WORK REQUIRED
For the entries below, work out how many lines include the string "with", then write only that number.

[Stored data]
-- ===== src/Index/V1.antt =====
-- repo/content/index/index_v1.go: version 1 of the pack index. An io.Writer that does not fail is the
-- list of the bytes written; a byte slice is the list of its bytes. Closing an index is not modelled.
pub mod Reader
pub mod Entry
pub mod Names
pub mod Layout
pub mod Keys
pub mod File
pub mod Positions
pub mod RoundTrip
pub mod Iterating
use Prim.Native.Nat.{bit_or}
use kopia.Prelude.{
  ℕ, zero, suc, ◌+◌, ◌-◌, ◌*◌, ◌/◌, ◌%◌, ◌^◌, Bool, true, false, not, ◌&&◌, ◌||◌, List, [], ◌∷◌,
  ◌++◌, Option, none, some, length, take, drop, ltb, leb, ◌==◌, if◌then◌else◌, Result, ok, err,
  ◌>>=◌, ◌>>◌, bytes_equal, replicate,
}
use kopia.Index.ContentId.{
  ContentId, compare_bytes, content_id_to_bytes, bytes_to_content_id, is_lt, compare_prefix,
  IdRange,
}
use kopia.Index.Encoding.{
  put_uint16, put_uint32, put_uint64, byte_at, decode_big_endian_uint16, decode_big_endian_uint32,
  decode_big_endian_uint48, safe_slice,
}
use kopia.Index.Info.{Info}
use kopia.Index.Search.{search}

abbrev pub v1_header_size : ℕ
v1_header_size = 8

abbrev pub v1_entry_length : ℕ
v1_entry_length = 20

abbrev pub v1_deleted_marker : ℕ
v1_deleted_marker = 0x80000000

abbrev pub unknown_key_size : ℕ
unknown_key_size = 255

-- "---invalid---"
abbrev pub invalid_blob_id : List ℕ
invalid_blob_id =
    b'-' ∷ b'-' ∷ b'-' ∷ b'i' ∷ b'n' ∷ b'v' ∷ b'a' ∷ b'l' ∷ b'i' ∷ b'd' ∷ b'-' ∷ b'-' ∷ b'-' ∷ []

pub data IndexError : Type 0 where
  invalid_slice invalid_header invalid_content_id invalid_entry_length inconsistent_key_length :
      IndexError
  compression_not_supported encryption_key_id_not_supported empty_pack_id : IndexError

abbrev pub or_invalid : Option (List ℕ) → Result IndexError (List ℕ)
or_invalid none = err invalid_slice
or_invalid (some v) = ok v

-- safeSlice, with its error
abbrev pub slice_of : List ℕ → ℕ → ℕ → Result IndexError (List ℕ)
slice_of bytes offset n = or_invalid (safe_slice bytes offset n)

-- the map packBlobIDOffsets
abbrev pub Offsets : Type 0
Offsets = List (List ℕ × ℕ)

unfoldable pub lookup_offset : Offsets → List ℕ → Option ℕ
lookup_offset [] id = none
lookup_offset ((k, v) ∷ m) id = if bytes_equal k id then some v else lookup_offset m id

-- `b.packBlobIDOffsets[packBlobID]`, zero if it is missing
abbrev pub or_zero : Option ℕ → ℕ
or_zero none = 0
or_zero (some v) = v

-- indexBuilderV1, with no key length (-1) before the first content
pub record IndexBuilderV1 : Type 0 where
  pub pack_blob_id_offsets : Offsets
  pub entry_count : ℕ
  pub key_length : Option ℕ
  pub entry_length : ℕ
  pub extra_data_offset : ℕ

abbrev pub add_missing : Option ℕ → List ℕ → Offsets × List ℕ → Offsets × List ℕ
add_missing (some v) id (offsets, extra) = (offsets, extra)
add_missing none id (offsets, extra) = ((id, length extra % 2 ^ 32) ∷ offsets, extra ++ id)

-- the pack blob ID of one content in the extra data
unfoldable pub add_pack_blob_id : Offsets × List ℕ → List ℕ → Offsets × List ℕ
add_pack_blob_id (offsets, extra) id =
    if length id == 0
    then (offsets, extra)
    else add_missing (lookup_offset offsets id) id (offsets, extra)

unfoldable pub add_all_pack_blob_ids : Offsets × List ℕ → List Info → Offsets × List ℕ
add_all_pack_blob_ids state [] = state
add_all_pack_blob_ids state (it ∷ its) =
    add_all_pack_blob_ids (add_pack_blob_id state it.pack_blob_id) its

abbrev pub key_length_of : List Info → Option ℕ
key_length_of [] = none
key_length_of (it ∷ its) = some (length (content_id_to_bytes [] it.content_id))

-- b.entryCount*(b.keyLength+b.entryLength)
abbrev pub entries_size : Option ℕ → ℕ → ℕ → ℕ
entries_size none count n = count * (n - 1)
entries_size (some k) count n = count * (k + n)

-- prepareExtraData(allContents)
unfoldable pub prepare_extra_data : List Info → IndexBuilderV1 × List ℕ
unfolding add_all_pack_blob_ids
prepare_extra_data all_contents =
    let (offsets, extra) = add_all_pack_blob_ids ([], []) all_contents in
    let key_length = key_length_of all_contents in
    (
      record {
        pack_blob_id_offsets = offsets;
        entry_count = length all_contents;
        key_length = key_length;
        entry_length = v1_entry_length;
        extra_data_offset =
            (v1_header_size + entries_size key_length (length all_contents) v1_entry_length)
            % 2 ^ 32;
      },
      extra,
    )

abbrev pub timestamp_and_flags : Info → ℕ
timestamp_and_flags it =
    bit_or (bit_or (it.timestamp_seconds * 2 ^ 16 % 2 ^ 64) (it.format_version * 2 ^ 8))
      (length it.pack_blob_id)

abbrev pub packed_offset_and_deleted : Info → ℕ
packed_offset_and_deleted it =
    if it.deleted then bit_or it.pack_offset v1_deleted_marker else it.pack_offset

-- the offset of the pack blob ID in the file
abbrev pub name_offset : IndexBuilderV1 → Info → ℕ
name_offset b it =
    (b.extra_data_offset + or_zero (lookup_offset b.pack_blob_id_offsets it.pack_blob_id)) % 2 ^ 32

unfoldable pub entry_bytes : IndexBuilderV1 → Info → List ℕ
entry_bytes b it =
    put_uint64 (timestamp_and_flags it)
    ++ (put_uint32 (name_offset b it)
        ++ (put_uint32 (packed_offset_and_deleted it) ++ put_uint32 it.packed_length))

-- formatEntry(entry, it)
unfoldable pub format_entry : IndexBuilderV1 → Info → Result IndexError (List ℕ)
format_entry b it = if length it.pack_blob_id == 0 then err empty_pack_id else ok (entry_bytes b it)

abbrev pub has_length : Option ℕ → List ℕ → Bool
has_length none k = false
has_length (some n) k = length k == n

-- writeEntry(w, it, entry): the bytes written
unfoldable pub write_entry : IndexBuilderV1 → Info → Result IndexError (List ℕ)
unfolding format_entry
write_entry b it =
    let k = content_id_to_bytes [] it.content_id in
    if not (has_length b.key_length k)
    then err inconsistent_key_length
    else if not (it.compression_header_id == 0)
    then err compression_not_supported
    else if not (it.encryption_key_id == 0)
    then err encryption_key_id_not_supported
    else (do entry ← format_entry b it; ok (k ++ entry))

unfoldable pub write_entries : IndexBuilderV1 → List Info → Result IndexError (List ℕ)
unfolding write_entry
write_entries b [] = ok []
write_entries b (it ∷ its) = do one ← write_entry b it; rest ← write_entries b its; ok (one ++ rest)

-- byte(b1.keyLength)
abbrev pub key_length_byte : Option ℕ → ℕ
key_length_byte none = 255
key_length_byte (some n) = n % 256

unfoldable pub header_of : IndexBuilderV1 → List ℕ
header_of b =
    1 ∷ key_length_byte b.key_length ∷ put_uint16 b.entry_length
    ++ put_uint32 (b.entry_count % 2 ^ 32)

-- buildV1(output), for the contents that sortedContents gives
unfoldable pub build_v1 : List Info → Result IndexError (List ℕ)
unfolding prepare_extra_data write_entries header_of
build_v1 all_contents =
    let (b1, extra_data) = prepare_extra_data all_contents in
    (do entries ← write_entries b1 all_contents; ok (header_of b1 ++ (entries ++ extra_data)))

pub record V1HeaderInfo : Type 0 where
  pub version : ℕ
  pub key_size : ℕ
  pub value_size : ℕ
  pub entry_count : ℕ

-- v1ReadHeader(data); sizes are never negative.
unfoldable pub v1_read_header : List ℕ → Result IndexError V1HeaderInfo
v1_read_header bytes = do
  header ← slice_of bytes 0 v1_header_size
  let hi : V1HeaderInfo = record {
    version = byte_at header 0;
    key_size = byte_at header 1;
    value_size = decode_big_endian_uint16 (drop 2 header);
    entry_count = decode_big_endian_uint32 (drop 4 header);
  }
  if leb hi.key_size 1 then err invalid_header else ok hi

pub record IndexV1 : Type 0 where
  pub hdr : V1HeaderInfo
  pub bytes : List ℕ
  pub v1_per_content_overhead : ℕ

abbrev pub stride : IndexV1 → ℕ
stride b = b.hdr.key_size + b.hdr.value_size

SOLUTION FOR THIS PROBLEM
2